TO DO:
Reproduce the full listing without a single change.

EXTRACTED DATA:
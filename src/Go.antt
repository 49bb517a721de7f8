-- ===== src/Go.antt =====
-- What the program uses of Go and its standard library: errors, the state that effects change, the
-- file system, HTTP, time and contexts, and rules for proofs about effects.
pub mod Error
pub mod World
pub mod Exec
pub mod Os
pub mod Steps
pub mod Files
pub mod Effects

THE ANSWER:
filename src/Go.antt
repository 49bb517a721de7f8
-- ===== src/Go.antt =====
-- What the program uses of Go and its standard library: errors, the state that effects change, the
-- file system, HTTP, time and contexts, and rules for proofs about effects.
pub mod Error
pub mod World
pub mod Exec
pub mod Os
pub mod Steps
pub mod Files
pub mod Effects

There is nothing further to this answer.